Tocharian Online
Appendix 1
Todd B. Krause and Jonathan Slocum
A Clinic on Looking Up Tocharian Words
Let's assume you have gotten enough Tocharian under your belt that you're ready to move on to other texts. Chances are, you're reading a Tocharian B text; so you place a document with the text on your desk, and beside it your steady companion, the venerable Dictionary of Tocharian B by Douglas Q. Adams. As you read, you come across the word B kelu. You have no recollection of this word, so you look it up in your dictionary. Interestingly, you find there is no listing for kelu, not even a hint like the helpful 'q.v. ...' telling you where else you might look. Nothing. All you find in the near void of kel... entries is a word for 'bellybutton' and some term for 'a medical ingredient'. Neither of these has a chance of giving you kelu, so you may wonder if it was really worth all the trouble learning this esoteric language in the first place. Now what? Search page by page through the section on k? Do you realize how many words start with k in Tocharian? No...
Your only sensible option is to devise some way of cutting down your work and honing in on some realistic possibilities. How to proceed? First, consider what you do know: kelu is not a headword. That is, it is not an adverb; it is not the nominative singular of a substantive; and it is not a verb form transparently displaying the basic verbal root from which it derives. So it must be some other inflected form: either a non-nominative case form, or one of the many possible conjugational forms of a verbal root. At this point, you may as well guess. The final -u of kelu reminds you of the preterite participle, and so you guess that what you're confronted with is a verb form -- maybe even a preterite participle, if you're lucky. But from what verb?
This is where the extra time you spent learning Tocharian in light of historical linguistics finally pays off. You reason as follows: the initial k- is probably part of the root, since there are few changes in Tocharian that will actually produce a k- from some other sound. The same reasoning might convince you that the -l- should be in the root as well, unless this is a gerundive; but if it were, you'd be at a loss to explain the final -u as an ending. So you decide that the root is something like k-l-: that is, maybe there's something between the k- and the -l-, but maybe not; perhaps something comes after... You'll simply remain non-committal. What could sit between the k- and the -l-?
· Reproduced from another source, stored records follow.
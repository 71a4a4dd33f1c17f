-- ===== src/Address/Url.antt =====
-- libavtransport/address.c, `avt_addr_from_url`. The defaults of CONFIG_DEFAULT_PORT and
-- CONFIG_DEFAULT_TYPE are those of meson.build. Logging is left out, and so is the test of errno for
-- file descriptors, since the bound beside it refuses LONG_MAX and LONG_MIN.
pub mod Network
pub mod Prefix
pub mod Files
pub mod Kind
pub mod Kept
use qproto.Common.{
  ℕ, zero, suc, ◌+◌, ◌-◌, ◌^◌, Bool, true, false, ◌&&◌, ◌||◌, List, [], ◌∷◌, Option, none, some,
  einval, erange, length, ltb, ◌==◌, not, get_or, if◌then◌else◌, take, drop,
}
use qproto.Common.Int.{ℤ, pos, negsuc, ltb_ℤ}
use qproto.Strings.{codes, strcmp, strip, strtok, strtol}
use qproto.Address.Types.{
  AvtAddress, AvtAddressConnection, AvtProtocolType, AvtProtocolMode, zeroed, System, strdup,
  Outcome, fault, fail, done, ◌>>=◌, deref, allocated,
}
use qproto.Address.Settings.{parse_settings}
use qproto.Address.Host.{parse_host_addr}

abbrev pub initial : Bool → AvtAddress
initial listen = record zeroed {
  fd = negsuc 0;
  type = AvtAddressConnection.url_address;
  port = 8212;
  proto = AvtProtocolType.udp;
  mode = AvtProtocolMode.default;
  listen = listen;
}

-- What a scheme or a transport makes of the address.
abbrev pub with_proto : AvtAddress → AvtProtocolType → AvtAddress
with_proto addr proto = record addr { proto = proto }

abbrev pub with_type : AvtAddress → AvtAddressConnection → AvtProtocolType → AvtAddress
with_type addr type proto = record addr { type = type; proto = proto }

-- The schemes of the URL but `avt://`, in the order in which they are tried.
unfoldable pub other_scheme : AvtAddress → List ℕ → Outcome (AvtAddress × List ℕ)
other_scheme addr next = elim (strip (codes "udp://") next) [
  | some rest ↦ done (with_proto addr AvtProtocolType.udp, rest)
  | none ↦ elim (strip (codes "udplite://") next) [
    | some rest ↦ done (with_proto addr AvtProtocolType.udp_lite, rest)
    | none ↦ elim (strip (codes "quic://") next) [
      | some rest ↦ done (with_proto addr AvtProtocolType.quic, rest)
      | none ↦ elim (strip (codes "file://") next) [
        | some rest ↦
            done (with_type addr AvtAddressConnection.file AvtProtocolType.file_protocol, rest)
        | none ↦ elim (strip (codes "socket://") next) [
          | some rest ↦
              done (with_type addr AvtAddressConnection.unix AvtProtocolType.stream_protocol, rest)
          | none ↦ elim (strip (codes "fd://") next) [
            | some rest ↦
                done (
                  with_type addr AvtAddressConnection.fd_address AvtProtocolType.file_protocol,
                  rest,
                )
            | none ↦ fail einval
          ]
        ]
      ]
    ]
  ]
]

unfoldable pub set_transport : AvtAddress → List ℕ → Outcome AvtAddress
set_transport addr transport =
    if strcmp transport (codes "udp")
    then done (with_proto addr AvtProtocolType.udp)
    else if strcmp transport (codes "udplite")
    then done (with_proto addr AvtProtocolType.udp_lite)
    else if strcmp transport (codes "quic")
    then done (with_proto addr AvtProtocolType.quic)
    else if strcmp transport (codes "file")
    then done (with_type addr AvtAddressConnection.file AvtProtocolType.file_protocol)
    else if strcmp transport (codes "fd")
    then done (with_type addr AvtAddressConnection.fd_address AvtProtocolType.file_protocol)
    else if strcmp transport (codes "socket")
    then done (with_type addr AvtAddressConnection.unix AvtProtocolType.stream_protocol)
    else fail einval

unfoldable pub set_mode : AvtAddress → Option (List ℕ) → Outcome AvtAddress
set_mode addr none = done addr
set_mode addr (some mode) =
    if strcmp mode (codes "passive")
    then done (record addr { mode = AvtProtocolMode.passive })
    else if strcmp mode (codes "active")
    then done (record addr { mode = AvtProtocolMode.active })
    else if strcmp mode (codes "default")
    then done (record addr { mode = AvtProtocolMode.default })
    else fail einval

-- The transport and the mode before the `@`. Without a transport there NULL is compared.
unfoldable pub set_transport_mode : AvtAddress → Option (List ℕ) → Outcome AvtAddress
unfolding strtok set_transport set_mode
set_transport_mode addr tm = do
  text ← deref tm
  let (transport, saved) = strtok (codes ":") text
  name ← deref transport
  addr' ← set_transport addr name
  set_mode addr' (strtok (codes ":") saved).0

-- What follows `avt://`: the address, and the string behind the `@` or, without one, all of it.
unfoldable pub native_uri : AvtAddress → List ℕ → Outcome (AvtAddress × Option (List ℕ))
unfolding set_transport_mode strtok
native_uri addr next =
    let (tm, saved) = strtok (codes "@") next in
    elim ((strtok (codes "@") saved).0) [
      | none ↦ done (with_proto addr AvtProtocolType.udp, tm)
      | some behind ↦ set_transport_mode addr tm >>= λ addr'. done (addr', some behind)
    ]

unfoldable pub parse_scheme : AvtAddress → List ℕ → Outcome (AvtAddress × Option (List ℕ))
unfolding other_scheme native_uri
parse_scheme addr url = elim (strip (codes "avt://") url) [
  | some next ↦ native_uri addr next
  | none ↦ other_scheme addr url >>= λ (addr', next). done (addr', some next)
]

unfoldable pub parse_file : System → AvtAddress → List ℕ → Outcome AvtAddress
parse_file sys addr next =
    allocated (strdup sys next) >>= λ path. done (record addr { path = some path })

-- The last `#` below the index that is not the first character and has no backslash before it.
unfoldable pub last_mark : List ℕ → ℕ → Option ℕ
last_mark next zero = none
last_mark next (suc i) =
    let before = last_mark next i in
    if get_or next i 0 == b'#' && ltb 0 i && not (get_or next (i - 1) 0 == b'\\')
    then some i
    else before

unfoldable pub parse_path : System → AvtAddress → List ℕ → Outcome AvtAddress
parse_path sys addr [] = fail einval
parse_path sys addr (c ∷ location) =
    allocated (strdup sys (c ∷ location)) >>= λ path. done (record addr { path = some path })

unfoldable pub parse_unix : System → AvtAddress → List ℕ → Outcome AvtAddress
unfolding last_mark parse_path parse_settings
parse_unix sys addr next = elim (last_mark next (length next)) [
  | none ↦ parse_path sys addr next
  | some i ↦
      parse_path sys addr (take i next) >>= λ addr'. parse_settings sys addr' (some (drop i next))
]

unfoldable pub check_fd : AvtAddress → ℤ → Outcome AvtAddress
check_fd addr (pos zero) = fail einval
check_fd addr (negsuc n) = fail erange
check_fd addr (pos (suc n)) =
    if ltb (2 ^ 31 - 1) (suc n) then fail erange else done (record addr { fd = pos (suc n) })

unfoldable pub parse_fd : AvtAddress → List ℕ → Outcome AvtAddress
unfolding strtol check_fd
parse_fd addr next = elim (strtol next) [ none ↦ fail einval | some res ↦ check_fd addr res ]

-- The host, and the settings behind the slash.
unfoldable pub parse_network : System → AvtAddress → List ℕ → Bool → Outcome AvtAddress
unfolding strtok parse_host_addr parse_settings
parse_network sys addr next listen = do
  let (host, saved) = strtok (codes "/") next
  name ← deref host
  addr' ← parse_host_addr sys addr name listen
  parse_settings sys addr' (strtok (codes "/") saved).0

unfoldable pub parse_location :
    System → AvtAddressConnection → AvtAddress → List ℕ → Bool → Outcome AvtAddress
unfolding parse_file parse_unix parse_fd parse_network
parse_location sys AvtAddressConnection.file addr next listen = parse_file sys addr next
parse_location sys AvtAddressConnection.unix addr next listen = parse_unix sys addr next
parse_location sys AvtAddressConnection.fd_address addr next listen = parse_fd addr next
parse_location sys _ addr next listen = parse_network sys addr next listen

-- Where nothing follows `avt://`, strtok_r is given NULL and has nothing left, and NULL is the host.
unfoldable pub avt_addr_from_url : System → Bool → List ℕ → Outcome AvtAddress
unfolding parse_scheme parse_location
avt_addr_from_url sys listen path = do
  url ← allocated (strdup sys path)
  (addr, next) ← parse_scheme (initial listen) url
  text ← deref next
  parse_location sys addr.type addr text listen
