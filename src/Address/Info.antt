-- ===== src/Address/Info.antt =====
-- libavtransport/address.c: `avt_addr_from_info`, which makes an address of the description of a
-- connection, and `avt_addr_free`. AVTConnectionInfo is in include/avtransport/connection.h; its type and
-- its union are one data type here, and `bad_type` is a type out of range.
use qproto.Common.{ℕ, Bool, List, [], ◌∷◌, Option, some, einval}
use qproto.Common.Int.{ℤ, negsuc}
use qproto.Address.Types.{
  AvtAddress, AvtAddressConnection, AvtProtocolType, AvtProtocolMode, Callbacks, zeroed, System,
  strdup, Outcome, fail, done, ◌>>=◌, allocated,
}
use qproto.Address.Url.{avt_addr_from_url}

pub record SocketInfo : Type 0 where
  pub socket : ℤ
  pub dst : List ℕ
  pub port : ℕ
  pub protocol : AvtProtocolType
  pub mode : AvtProtocolMode

pub data AvtConnectionInfo : Type 0 where
  null_info bad_type : AvtConnectionInfo
  url_info : List ℕ → Bool → AvtConnectionInfo
  file_info : List ℕ → AvtConnectionInfo
  socket_info : SocketInfo → AvtConnectionInfo
  fd_info unix_info : ℤ → AvtConnectionInfo
  data_info packet_info : Callbacks → AvtConnectionInfo

abbrev pub no_fd : AvtAddress
no_fd = record zeroed { fd = negsuc 0 }

-- An address of a kind.
abbrev pub of_kind : AvtAddressConnection → AvtProtocolType → AvtAddress
of_kind type proto = record no_fd { type = type; proto = proto }

unfoldable pub avt_addr_from_info : System → AvtConnectionInfo → Outcome AvtAddress
unfolding avt_addr_from_url
avt_addr_from_info sys bad_type = fail einval
avt_addr_from_info sys null_info =
    done (of_kind AvtAddressConnection.null_address AvtProtocolType.datagram)
avt_addr_from_info sys (url_info url listen) = avt_addr_from_url sys listen url
avt_addr_from_info sys (file_info path) = allocated (strdup sys path) >>= λ copy.
    done (record (of_kind AvtAddressConnection.file AvtProtocolType.file_protocol) {
      path = some copy;
    })
avt_addr_from_info sys (socket_info s) = done (record no_fd {
  type = AvtAddressConnection.socket;
  fd = s.socket;
  ip = s.dst;
  port = s.port;
  proto = s.protocol;
  mode = s.mode;
})
avt_addr_from_info sys (fd_info fd) =
    done (record (of_kind AvtAddressConnection.file AvtProtocolType.file_protocol) { fd = fd })
avt_addr_from_info sys (unix_info fd) =
    done (record (of_kind AvtAddressConnection.unix AvtProtocolType.stream_protocol) { fd = fd })
avt_addr_from_info sys (data_info cb) =
    done (record (of_kind AvtAddressConnection.callback AvtProtocolType.datagram) { dcb = cb })
avt_addr_from_info sys (packet_info cb) =
    done (record (of_kind AvtAddressConnection.callback AvtProtocolType.callback_pkt) { pcb = cb })

-- The strings that are freed, each once and `none` for NULL, and what is left of the address.
unfoldable pub avt_addr_free : AvtAddress → List (Option (List ℕ)) × AvtAddress
avt_addr_free addr = (
  addr.opts.certfile ∷ addr.opts.keyfile ∷ addr.opts.default_sid ∷ addr.path ∷ addr.interface ∷ [],
  zeroed,
)
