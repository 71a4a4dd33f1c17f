-- ===== src/Address/Settings/Streams.antt =====
-- The default streams: what the array holds after `parse_default_streams`.
use mathlib.Core.Path.{subst}
use mathlib.Core.List.{append_assoc, append-nil}
use qproto.Common.{
  ℕ, zero, suc, ◌+◌, ◌≤◌, ◌<◌, ◌≡◌, refl, ◌≢◌, ap, sym, ◌∙◌, arith, false, List, [], ◌∷◌, ◌++◌,
  Option, none, some, get_or, length, length-append, ◌==◌, Bool-cases, inl, inr,
}
use qproto.Strings.{codes, tokens}
use qproto.Address.Types.{AddressOptions, System, done, ◌>>=◌, done->>=}
use qproto.Address.Settings.{
  put, holds, stream_id, sid_array, append_stream, add_stream, add_streams, first_streams,
  parse_default_streams,
}

-- The array as a list: a value stands in it at most once, and each is an ID that a stream may have.
abbrev pub Missing : ℕ → List ℕ → Type 0
Missing v [] = Unit
Missing v (x ∷ xs) = (x ≢ v) × Missing v xs

abbrev pub AreStreams : List ℕ → Type 0
AreStreams [] = Unit
AreStreams (x ∷ xs) = (x < 65535) × Missing x xs × AreStreams xs

pub put-length : (xs : List ℕ) (v : ℕ) → put xs (length xs) v ≡ xs ++ (v ∷ [])
put-length [] v = refl
put-length (x ∷ xs) v = ap (λ ys. x ∷ ys) (put-length xs v)

get_or-here : (v : ℕ) (xs : List ℕ) → Missing v xs → (i : ℕ) → i < length xs → get_or xs i 0 ≢ v
get_or-here v [] m i h = elim h [ ]
get_or-here v (x ∷ xs) (ne, m) zero h = ne
get_or-here v (x ∷ xs) (ne, m) (suc i) h = get_or-here v xs m i (omega arith)

pub holds-Missing :
    (v : ℕ) (xs : List ℕ) → Missing v xs → (n : ℕ) → n ≤ length xs → holds xs n v ≡ false
holds-Missing v xs m zero h = refl
holds-Missing v xs m (suc n) h =
    ground (arith, get_or-here v xs m n (omega arith), holds-Missing v xs m n (omega arith))

get_or-of_holds :
    (v : ℕ) (xs : List ℕ) (n : ℕ) → holds xs n v ≡ false → (i : ℕ) → i < n → get_or xs i 0 ≢ v
get_or-of_holds v xs zero h i lt = elim lt [ ]
get_or-of_holds v xs (suc n) h i lt = elim (Bool-cases (i == n)) [
  | inl last ↦ ground arith
  | inr before ↦ get_or-of_holds v xs n (ground arith) i (ground arith)
]

Missing-of_get_or :
    (v : ℕ) (xs : List ℕ) → ((i : ℕ) → i < length xs → get_or xs i 0 ≢ v) → Missing v xs
Missing-of_get_or v [] h = tt
Missing-of_get_or v (x ∷ xs) h =
    (h 0 (omega arith), Missing-of_get_or v xs (λ i lt. h (suc i) (omega arith)))

Missing-append : (v : ℕ) (xs : List ℕ) (x : ℕ) → Missing v xs → x ≢ v → Missing v (xs ++ (x ∷ []))
Missing-append v [] x m ne = (ne, tt)
Missing-append v (y ∷ xs) x (h, m) ne = (h, Missing-append v xs x m ne)

AreStreams-append :
    (xs : List ℕ) (v : ℕ) → AreStreams xs → v < 65535 → Missing v xs → AreStreams (xs ++ (v ∷ []))
AreStreams-append [] v a h m = (h, tt, tt)
AreStreams-append (x ∷ xs) v (b, ms, a) h (ne, m) =
    (b, Missing-append x xs v ms (λ e. ne (sym e)), AreStreams-append xs v a h m)

-- What the code reads of the array.
abbrev pub entries : Option (List ℕ) → List ℕ
entries none = []
entries (some xs) = xs

abbrev Holds : Option (List ℕ) × ℕ → Type 0
Holds (sids, nb) = (nb ≡ length (entries sids)) × AreStreams (entries sids)

-- The texts are those of the IDs, one for one and in the same order.
abbrev pub AreRead : List (List ℕ) → List ℕ → Type 0
AreRead [] [] = Unit
AreRead (val ∷ vals) (v ∷ vs) = (stream_id val ≡ done v) × AreRead vals vs
AreRead vals vs = ⊥

-- A text more, whose ID stands at the end of the array.
record Appends (val : List ℕ) (st st' : Option (List ℕ) × ℕ) : Type 0 where
  id : ℕ
  read : stream_id val ≡ done id
  last : entries st'.0 ≡ entries st.0 ++ (id ∷ [])

stream_id-lt : (val : List ℕ) {v : ℕ} → stream_id val ≡ done v → v < 65535
unfolding stream_id
stream_id-lt val h = ground arith

sid_array-entries :
    (sys : System) (sids : Option (List ℕ)) {xs : List ℕ}
    → sid_array sys sids ≡ done xs
    → xs ≡ entries sids
unfolding sid_array
sid_array-entries sys none h = ground arith
sid_array-entries sys (some xs) h = ground arith

append_stream-Holds :
    (xs : List ℕ) (v : ℕ) {st : Option (List ℕ) × ℕ}
    → AreStreams xs
    → v < 65535
    → append_stream xs (length xs) v ≡ done st
    → Holds st × (entries st.0 ≡ xs ++ (v ∷ []))
unfolding append_stream
append_stream-Holds xs v {st} a h e = elim (Bool-cases (holds xs (length xs) v)) [
  | inl twice ↦ cc
  | inr once ↦
      let new = Missing-of_get_or v xs (get_or-of_holds v xs (length xs) once) in
      let longer : st ≡ (some (xs ++ (v ∷ [])), length xs + 1) = ground (arith, put-length xs v) in
      rw longer
        ((omega (arith, length-append {0} xs (v ∷ [])), AreStreams-append xs v a h new), refl)
]

add_stream-Holds :
    (sys : System) (st : Option (List ℕ) × ℕ) (val : List ℕ) {st' : Option (List ℕ) × ℕ}
    → Holds st
    → add_stream sys st val ≡ done st'
    → Holds st' × Appends val st st'
unfolding add_stream
add_stream-Holds sys (sids, nb) val {st'} (count, a) e =
    let (v, read, e') =
      done->>= (stream_id val) (λ res. sid_array sys sids >>= λ xs. append_stream xs nb res) e in
    let (xs, array, e'') = done->>= (sid_array sys sids) (λ xs. append_stream xs nb v) e' in
    let same = sid_array-entries sys sids array in
    let (held, last) = append_stream-Holds (entries sids) v a (stream_id-lt val read) (
      subst (λ ys. append_stream ys (length (entries sids)) v ≡ done st') same
        (subst (λ n. append_stream xs n v ≡ done st') count e'')) in
    (held, record { id = v; read = read; last = last })

-- The IDs that are read one after the other.
record AppendsAll (vals : List (List ℕ)) (st st' : Option (List ℕ) × ℕ) : Type 0 where
  ids : List ℕ
  read : AreRead vals ids
  last : entries st'.0 ≡ entries st.0 ++ ids

add_streams-Holds :
    (sys : System) (st : Option (List ℕ) × ℕ) (vals : List (List ℕ)) {st' : Option (List ℕ) × ℕ}
    → Holds st
    → add_streams sys st vals ≡ done st'
    → Holds st' × AppendsAll vals st st'
unfolding add_streams
add_streams-Holds sys st [] {st'} h e =
    let same : st ≡ st' = cc in
    (
      subst Holds same h,
      record {
        ids = [];
        read = tt;
        last =
            ap (λ (s : Option (List ℕ) × ℕ). entries s.0) (sym same)
            ∙ sym (append-nil (entries st.0));
      },
    )
add_streams-Holds sys st (val ∷ vals) h e =
    let (mid, one, rest) = done->>= (add_stream sys st val) (λ s. add_streams sys s vals) e in
    let (h', first) = add_stream-Holds sys st val h one in
    let (h'', others) = add_streams-Holds sys mid vals h' rest in
    (
      h'',
      record {
        ids = first.id ∷ others.ids;
        read = (first.read, others.read);
        last =
            others.last
            ∙ ap (λ xs. xs ++ others.ids) first.last
            ∙ append_assoc (entries st.0) (first.id ∷ []) others.ids;
      },
    )

first_streams-Holds :
    (sys : System) (nb : ℕ) (vals : List (List ℕ)) {st : Option (List ℕ) × ℕ}
    → nb ≡ 0
    → first_streams sys nb vals ≡ done st
    → Holds st × AreRead vals (entries st.0)
unfolding first_streams
first_streams-Holds sys nb [] z e = cc
first_streams-Holds sys nb (val ∷ vals) z e =
    let (held, all) = add_streams-Holds sys (none, nb) (val ∷ vals) (z, tt) e in
    (held, subst (AreRead (val ∷ vals)) (sym all.last) all.read)

-- A list of streams for an address that has no streams yet. If it is accepted, the array holds the
-- numbers that the texts between the commas are read as, all of them and in their order; no two are
-- the same, every one is an ID below the reserved 65535, and the count is that of the numbers.
pub parse_default_streams-AreStreams :
    (sys : System) (opts : AddressOptions) (next : List ℕ) {opts' : AddressOptions}
    → opts.nb_default_sid ≡ 0
    → parse_default_streams sys opts next ≡ done opts'
    → AreRead (tokens (codes ",") next) (entries opts'.default_sid)
      × AreStreams (entries opts'.default_sid)
      × (opts'.nb_default_sid ≡ length (entries opts'.default_sid))
unfolding parse_default_streams first_streams
parse_default_streams-AreStreams sys opts next {opts'} zeroed e =
    let words = tokens (codes ",") next in
    let finish = λ (st : Option (List ℕ) × ℕ).
      done (record opts { default_sid = st.0; nb_default_sid = st.1 }) in
    let (st, looped, made) = done->>= (first_streams sys opts.nb_default_sid words) finish e in
    let ((count, distinct), read) =
      first_streams-Holds sys opts.nb_default_sid words zeroed looped in
    let same : record opts { default_sid = st.0; nb_default_sid = st.1 } ≡ opts' = cc in
    subst
      (λ (o : AddressOptions).
        AreRead words (entries o.default_sid)
        × AreStreams (entries o.default_sid)
        × (o.nb_default_sid ≡ length (entries o.default_sid)))
      same (read, distinct, count)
To answer this, you ask yourself a simple question: what produces -e- in Tocharian B? You recall PToch *æ, of course! But that just begs the question: what produces PToch *æ? There you have two options: PIE *ē or PIE *o. How do you decide? Well, suppose the -e- in kelu came from PIE *ē. Then the evolution PIE *ē > PToch *yæ means that the k- should be palatalized, which it obviously is not. So the -e- you see before you most likely comes from PIE *-o-, and you can safely assume that you're trying to find the verb to which a form like PIE *kol- would fit somewhere in the paradigm. But where would that crop up?
Well, you've already assumed you're looking at a verbal root, and *kol- looks like a good candidate for PIE o-grade. The other major forms should derive from either PIE e-grade or PIE 0-grade. One of those probably yields the Tocharian form of the root you're looking for. But which? Well, if it were PIE e-grade, you'd have to consider the evolution of *kel-, and you immediately realize that *-e- will palatalize the *k-, and you shouldn't be looking under k at all. But if you had PIE 0-grade, then you'd have PIE *kl- > PToch *käl- > B käl-.
So armed with your new guess, B käl-, you return to Adams' dictionary, only to find there are two distinct roots with that shape. But, happily, under the first one you chance upon the form kelu as the first person singular active of the CLASS i subjunctive. Did you say subjunctive? CLASS i? You should've known! You figured it was PIE o-grade, after all, and that fits exactly with the development of subjunctive CLASS i. But whatever, you've found it! ... and all as a result of the techniques of historical linguistics that seemed like such hocus pocus until now....
As an added hint, realize that you don't have to follow through the process flawlessly for it to be helpful. For example, who's to say at the beginning of our discussion that we shouldn't have guessed the Tocharian B k- came from an original PIE *g-? Fine, go with it. You would follow the same procedure as above, looking at different grades of a PIE root *gel- (?); but in the end, when it comes back down into Tocharian in the PIE 0-grade, that *g- will still become k-, and you'll still get to the dictionary entry for B käl-. (In fact, Adams lists *kʷel- as the original PIE parent of the verb we're looking at.) Or you might guess some other consonant and different vowel grade -- that's fine, since even following all the different vowel grades of three or four PIE roots (allowing for different sources for the initial consonant) will still leave you with less work than trying to read through the entire k-section of the dictionary entry by entry. So may you enjoy your newfound understanding of Tocharian, and may your knowledge of basic historical linguistics keep you in good stead.